Trente ans de solitude
L’édifiante histoire de Cornelius Dupree Jr.
Publié le 12 janvier 2011 à 6:01 dans Monde
Mots-clés : Cornelius Dupree Jr, États-Unis, Texas

Cornelius Dupree Jr a un nom qui aurait pu être celui d’un chanteur de doo wop dans les early sixties. Mais Cornelius Dupree Jr n’aura pas tellement eu l’occasion de chanter dans sa vie. Il vient en effet de passer trente ans derrière les barreaux d’une prison texane, ce qui signifie qu’il y est entré à 21 ans en 1980 pour en ressortir en 2010 à 51 ans. C’est long. Surtout quand on est innocent.
Expertise ADN
Parce que figurez-vous que Cornelius Jr est innocent. Bien qu’il soit noir comme plus de la moitié des détenus états-uniens, Cornelius Dupree Jr a été blanchi. Il a fallu pour cela une expertise ADN du viol et du vol en 1979 d’une jeune femme, laissée pour morte sur une autoroute, qui était persuadée de l’avoir reconnu.
Ce n’est pas de chance pour Cornelius. Les Noirs se ressemblent un peu tous. Regardez les groupes de doo wop, justement. Allez faire la distinction entre les Orioles, les Coasters, les Drifters ou les Temptations. À la voix, peut-être, et encore… Les vieux scopitones sont d’un flou…Et la nuit, si Ben. E King tente de vous violer, comment savoir si ce n’est pas Sam Cooke? Ou Cornelius Dupree Jr ? Tiens, Sam Cooke… Cooke était une des plus belles voix de la soul. Cela ne l’a pas empêché de mourir abattu dans des conditions assez mystérieuses par la tenancière d’un motel en 1964. Il paraît qu’il maltraitait la prostituée qu’il avait amenée avec lui. Il paraît aussi qu’il énervait beaucoup de monde par sa célébrité qu’il mettait au service des droits civiques. Les Noirs, surtout jeunes, meurent souvent par balles. Question d’ADN, si ça se trouve, de prédisposition génétique…
Non, Cornelius Dupree Jr n’a vraiment pas de chance : en plus d’être noir, il est texan. Le Texas, dans le genre, c’est pire que la Californie où même les gouverneurs républicains comme Schwarzie finissent presque par être de gauche. Le Texas, c’est plutôt la country que le doo wop. C’est vrai, la country n’est pas forcément de droite comme les groupes de doo wop ne sont pas forcément noirs. Mais enfin, il y a des tendances lourdes, comme pour la répartition ethnique des détenus dans les prisons américaines.

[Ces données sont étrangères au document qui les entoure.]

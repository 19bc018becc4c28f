-- ===== src/Compensation/Keeps.antt =====
-- KakaMQMessageTask.java: no message is lost from the logs.
use mq_kafka.Prelude.{ℕ, ◌≡◌, Bool, true, false, none, some, arith}
use mq_kafka.Calls.{Reply, done, refused}
use mq_kafka.Compensation.{
  MsgLog, FullLog, Store, World, do_resend, process_normal_message, save_deaded_message,
  retry_message, handle_msg_log, acknowledged,
}

-- Some collection holds a log of the message.
abbrev pub is_held : Store → Bool
is_held s = elim s.process [
  | some m ↦ true
  | none ↦ elim s.full [
    | some m ↦ true
    | none ↦ elim s.dead_letters [ some m ↦ true | none ↦ false ]
  ]
]

process_normal_message-is_held :
    (w : World) (now : ℕ) (it : MsgLog) (s : Store)
    → is_held s ≡ true
    → is_held (process_normal_message w now it s) ≡ true
unfolding process_normal_message
process_normal_message-is_held w now it s h = ground arith

save_deaded_message-is_held :
    (w : World) (now : ℕ) (it : MsgLog) (s : Store)
    → is_held s ≡ true
    → is_held (save_deaded_message w now it s) ≡ true
unfolding save_deaded_message
save_deaded_message-is_held w now it s h = ground arith

do_resend-is_held :
    (w : World) (now : ℕ) (it : MsgLog) (s : Store)
    → is_held s ≡ true
    → is_held (do_resend w now it s).1 ≡ true
unfolding do_resend
do_resend-is_held w now it s h = ground arith

retry_message-is_held :
    (w : World) (now : ℕ) (it : MsgLog) (s : Store)
    → is_held s ≡ true
    → is_held (retry_message w now it s) ≡ true
unfolding retry_message
retry_message-is_held w now it s h =
    let after = do_resend w now it s in
    ground (
      arith,
      do_resend-is_held w now it s h,
      save_deaded_message-is_held w now it s h,
      save_deaded_message-is_held w now after.0 after.1,
    )

-- However the calls of the database and of the producer end, and whatever row the task works from,
-- a round of the task keeps a message in the logs: it is deleted from one collection only after it
-- was saved to another.
pub handle_msg_log-is_held :
    (w : World) (now : ℕ) (it : MsgLog) (s : Store)
    → is_held s ≡ true
    → is_held (handle_msg_log w now it s) ≡ true
unfolding handle_msg_log
handle_msg_log-is_held w now it s h = ground (
  arith,
  retry_message-is_held w now it s h,
  save_deaded_message-is_held w now it s h,
  process_normal_message-is_held w now it s h,
)

-- The callback deletes first: where a log stands only among the messages in process, and is deleted
-- but the save of the full log is refused, no collection holds the message any more.
pub acknowledged_loses :
    (updates : Reply) (log : FullLog) (it : MsgLog) (s : Store)
    → s.process ≡ some it
    → s.full ≡ none
    → s.dead_letters ≡ none
    → is_held (acknowledged done updates refused log s) ≡ false
unfolding acknowledged
acknowledged_loses updates log it s p f d = ground arith
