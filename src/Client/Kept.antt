-- ===== src/Client/Kept.antt =====
-- A message from the client to its end: the advice around the call, the rounds of the compensation task
-- and the callbacks of the producer, in any order.
use mq_kafka.Prelude.{
  either, ℕ, ◌≡◌, Bool, true, false, not, ◌&&◌, ◌||◌, Option, none, some, List, [], ◌∷◌, arith,
  if◌then◌else◌,
}
use mq_kafka.Calls.{Reply, applied, answered}
use mq_kafka.Compensation.{
  MsgStatus, MsgLog, FullLog, Store, World, delete_sent, mark_sent, save_full_log, send_failed,
}
use mq_kafka.Compensation.Bound.{
  Event, round, deletes, marks, saves, fails, round_on, happen, history,
}
use mq_kafka.Compensation.Keeps.{is_held, handle_msg_log-is_held}
use mq_kafka.Client.{
  SentMessage, AdvisedCall, make_log_from_message, is_ready, save_log, counted, mark_log,
  settle_log, request_status, do_around,
}

-- Whether the full log of the message is saved, with effect.
abbrev pub is_saved : List Event → Bool
is_saved [] = false
is_saved (round w now ∷ es) = is_saved es
is_saved (fails has_metadata updates ∷ es) = is_saved es
is_saved (deletes reply ∷ es) = is_saved es
is_saved (marks reply ∷ es) = is_saved es
is_saved (saves reply log ∷ es) = applied reply || is_saved es

-- Each deletion of a callback that takes effect is followed by such a save, in these events or in those
-- that come behind them.
abbrev AreSafe : List Event → Bool → Type 0
AreSafe [] later = Unit
AreSafe (round w now ∷ es) later = AreSafe es later
AreSafe (fails has_metadata updates ∷ es) later = AreSafe es later
AreSafe (deletes reply ∷ es) later =
    (applied reply ≡ true → (is_saved es || later) ≡ true) × AreSafe es later
AreSafe (marks reply ∷ es) later = AreSafe es later
AreSafe (saves reply log ∷ es) later = AreSafe es later

or_assoc : (a b c d : Bool) → (a || ((b || c) || d)) ≡ true → (a || (b || (c || d))) ≡ true
or_assoc a b c d h = ground arith

or_false : (a : Bool) → (a || false) ≡ true → a ≡ true
or_false a h = ground arith

or_later : (a b : Bool) → (a || b) ≡ true → (a || (b || false)) ≡ true
or_later a b h = ground arith

send_failed-is_held :
    (has_metadata : Bool) (updates : Reply) (s : Store)
    → is_held s ≡ true
    → is_held (send_failed has_metadata updates s) ≡ true
unfolding send_failed
send_failed-is_held has_metadata updates s h = ground arith

round-is_held :
    (w : World) (now : ℕ) (s : Store) → is_held s ≡ true → is_held (happen (round w now) s) ≡ true
round-is_held w now s h = by s.process
  where
    by : (o : Option MsgLog) → is_held (round_on w now o s) ≡ true
    by none = h
    by (some it) = handle_msg_log-is_held w now it s h

kept_or : (a b c : Bool) → (a ≡ true → b ≡ true) → (a || c) ≡ true → (b || c) ≡ true
kept_or a b c f h = ground arith

delete_sent-is_held :
    (reply : Reply) (s : Store) (later : Bool)
    → (applied reply ≡ true → later ≡ true)
    → (is_held s || later) ≡ true
    → (is_held (delete_sent reply s).1 || later) ≡ true
delete_sent-is_held reply s later f h = ground arith

mark_sent-is_held :
    (reply : Reply) (s : Store) → is_held s ≡ true → is_held (mark_sent reply s) ≡ true
mark_sent-is_held reply s h = ground arith

save_full_log-is_held :
    (reply : Reply) (log : FullLog) (s : Store) (later : Bool)
    → (is_held s || (applied reply || later)) ≡ true
    → (is_held (save_full_log reply log s) || later) ≡ true
save_full_log-is_held reply log s later h = ground arith

-- What is held stays so, or is saved later.
pub history-is_held :
    (es : List Event) (s : Store) (later : Bool)
    → AreSafe es later
    → (is_held s || (is_saved es || later)) ≡ true
    → (is_held (history es s) || later) ≡ true
history-is_held [] s later safe h = h
history-is_held (round w now ∷ es) s later safe h =
    let t = happen (round w now) s in
    history-is_held es t later safe
      (kept_or (is_held s) (is_held t) (is_saved es || later) (round-is_held w now s) h)
history-is_held (fails has_metadata updates ∷ es) s later safe h =
    let t = send_failed has_metadata updates s in
    history-is_held es t later safe (
      kept_or (is_held s) (is_held t) (is_saved es || later)
        (send_failed-is_held has_metadata updates s) h)
history-is_held (deletes reply ∷ es) s later safe h =
    history-is_held es (delete_sent reply s).1 later safe.1
      (delete_sent-is_held reply s (is_saved es || later) safe.0 h)
history-is_held (marks reply ∷ es) s later safe h =
    let t = mark_sent reply s in
    history-is_held es t later safe
      (kept_or (is_held s) (is_held t) (is_saved es || later) (mark_sent-is_held reply s) h)
history-is_held (saves reply log ∷ es) s later safe h =
    history-is_held es (save_full_log reply log s) later safe (
      save_full_log-is_held reply log s (is_saved es || later)
        (or_assoc (is_held s) (applied reply) (is_saved es) later h))

-- The advice keeps what is held, and holds what it has saved.
mark_log-is_held :
    (run : AdvisedCall) (status : MsgStatus) (has_id : Bool) (s : Store)
    → is_held s ≡ true
    → is_held (mark_log run status has_id s) ≡ true
unfolding mark_log
mark_log-is_held run status has_id s h = ground arith

save_log-is_held :
    (reply : Reply) (log : MsgLog) (s : Store)
    → is_held s ≡ true
    → is_held (save_log reply log s) ≡ true
save_log-is_held reply log s h = ground arith

settle_log-is_held :
    (run : AdvisedCall) (m : SentMessage) (status : MsgStatus) (s : Store)
    → is_held s ≡ true
    → is_held (settle_log run m status s) ≡ true
unfolding settle_log
settle_log-is_held run m status s h =
    let marked = mark_log run status m.has_id s in
    let log : MsgLog = record (counted (make_log_from_message m)) { status = status } in
    let K : Store → Type 0 = λ (t : Store). is_held t ≡ true in
    let kept = mark_log-is_held run status m.has_id s h in
    let again = save_log run.second_save log marked in
    let rest = if answered run.first_save then marked else again in
    either K (is_ready status) s (if m.has_id && not (answered run.update) then marked else rest) h
      (either K (m.has_id && not (answered run.update)) marked rest kept (
        either K (answered run.first_save) marked again kept
          (save_log-is_held run.second_save log marked kept)))

-- A message is not lost on its way: once the first save of a client's advice took effect, some
-- collection holds its log at every later time at which no callback stands between its deletion and
-- its save, through the call and after it; in whatever order the task's rounds and the single calls of
-- the callbacks work on it, and however the call, the update and the second save end. Each deletion
-- of a callback that takes effect is followed by a save of the full log that does, which may come
-- after the call.
pub do_around-is_held :
    (run : AdvisedCall) (during after : List Event) (m : SentMessage) (s : Store)
    → applied run.first_save ≡ true
    → AreSafe during (is_saved after)
    → AreSafe after false
    → is_held (history after (do_around (record run { meanwhile = history during }) (some m) s).1)
      ≡ true
unfolding do_around
do_around-is_held run during after m s a d e =
    let advised : AdvisedCall = record run { meanwhile = history during } in
    let saved = save_log run.first_save (make_log_from_message m) s in
    let first : (is_held saved || (is_saved during || is_saved after)) ≡ true = rw a in
    let called = history-is_held during saved (is_saved after) d first in
    let status = request_status run.outcome m.status in
    let t = settle_log advised m status (history during saved) in
    let settled =
      kept_or (is_held (history during saved)) (is_held t) (is_saved after)
        (settle_log-is_held advised m status (history during saved)) called in
    or_false (is_held (history after t))
      (history-is_held after t false e (or_later (is_held t) (is_saved after) settled))
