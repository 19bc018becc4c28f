-- ===== src/Client/Tests.antt =====
-- KafkaMQClientIntercepter.java: a message that a client sends while the service is down.
use mq_kafka.Prelude.{◌≡◌, refl, inr, true, false, none, some, arith, [], ◌∷◌}
use mq_kafka.Text.{codes}
use mq_kafka.Text.Case.{lower_case}
use mq_kafka.Calls.{done, unanswered}
use mq_kafka.Compensation.{ready, normal, fail, MsgLog, FullLog, World, Store, should_resend}
use mq_kafka.Client.{Failure, throws, check_send_message_fail, SentMessage, AdvisedCall, do_around}
use mq_kafka.Compensation.Bound.{round, deletes, saves, history}
use mq_kafka.Compensation.Keeps.{is_held}
use mq_kafka.Client.Kept.{do_around-is_held}
use mq_kafka.Client.Hands.{do_around-should_resend, do_around-keeps_normal}

abbrev refused_connection : Failure
refused_connection = record {
  class_name = codes "RetryableException";
  cause_name = some (codes "ConnectException");
  trace = codes "feign.RetryableException: Connection refused executing POST";
}

abbrev timed_out : Failure
timed_out = record {
  class_name = codes "RetryableException";
  cause_name = some (codes "SocketTimeoutException");
  trace = codes "feign.RetryableException: Read timed out executing POST";
}

refused_fails : check_send_message_fail (throws refused_connection) ≡ true
unfolding check_send_message_fail lower_case
refused_fails = refl

timed_out_passes : check_send_message_fail (throws timed_out) ≡ false
unfolding check_send_message_fail lower_case
timed_out_passes = refl

abbrev message : SentMessage
message = record { status = ready; createtime = 1000; has_id = true }

abbrev nothing : Store
nothing = record { process = none; full = none; dead_letters = none; sent = 0 }

-- The service is down, and the first save is not answered either.
abbrev down : AdvisedCall
down = record {
  first_save = unanswered;
  outcome = throws refused_connection;
  meanwhile = λ x. x;
  update = done;
  second_save = done;
}

do_around-should_resend_example :
    (log : MsgLog) × ((do_around down (some message) nothing).1.process ≡ some log)
    × (log.status ≡ fail)
    × (should_resend 2000 log ≡ true)
do_around-should_resend_example =
    do_around-should_resend down message nothing 2000 refl refused_fails (λ x. refl)
      (inr (refl, refl, refl)) (omega arith)

-- The service takes the message and Kafka acknowledges it, but the answer is lost.
abbrev acknowledged_log : MsgLog
acknowledged_log = record {
  status = normal;
  retrytimes = some 0;
  createtime = 1000;
  update_time = 1000;
  version = 1;
  deaded = 0;
}

abbrev lost_answer : AdvisedCall
lost_answer = record {
  first_save = done;
  outcome = throws refused_connection;
  meanwhile = λ (x : Store). record x { process = some acknowledged_log };
  update = done;
  second_save = done;
}

do_around-keeps_normal_example :
    (do_around lost_answer (some message) nothing).1.process ≡ some acknowledged_log
do_around-keeps_normal_example =
    do_around-keeps_normal lost_answer message nothing acknowledged_log refl refl refl

-- The answer of the database to a round of the task: all calls are done.
abbrev all_done : World
all_done = record {
  parses = true;
  finds = true;
  save_process = done;
  save_full = done;
  save_dead = done;
  delete_process = done;
  takes = true;
}

abbrev sent_log : FullLog
sent_log = record { status = ready; createtime = 1000; update_time = 1000; deaded = 0 }

-- Kafka's acknowledgement comes while the client waits: the callback deletes the log in process, and
-- saves the full log after the call and a round of the task.
do_around-is_held_example :
    is_held (
      history
        (round all_done 5000 ∷ saves done sent_log ∷ [])
        (do_around
          (record down { meanwhile = history (deletes done ∷ []) })
          (some message)
          nothing).1)
    ≡ true
do_around-is_held_example =
    do_around-is_held down (deletes done ∷ []) (round all_done 5000 ∷ saves done sent_log ∷ [])
      message nothing refl ((λ e. refl), tt) tt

Le Texas, c’est l’ancien Etat du président Bush junior du temps qu’il était gouverneur. Une sorte de laboratoire. Dieu et mon droit. Dieu et mon flingue. Dieu et ma country. Dieu et ma peine de mort. Dieu et mes lobbies anti-avortement. On ne m’a toujours pas expliqué comment les chrétiens fondamentalistes du Texas s’arrangent avec leur charia blanche : si on respecte la vie au point d’attaquer et de tuer des médecins qui pratiquent des avortements, comment peut-on vouloir envoyer sur la chaise électrique un être humain, même si contrairement à Cornélius Dupree Jr, il est coupable ?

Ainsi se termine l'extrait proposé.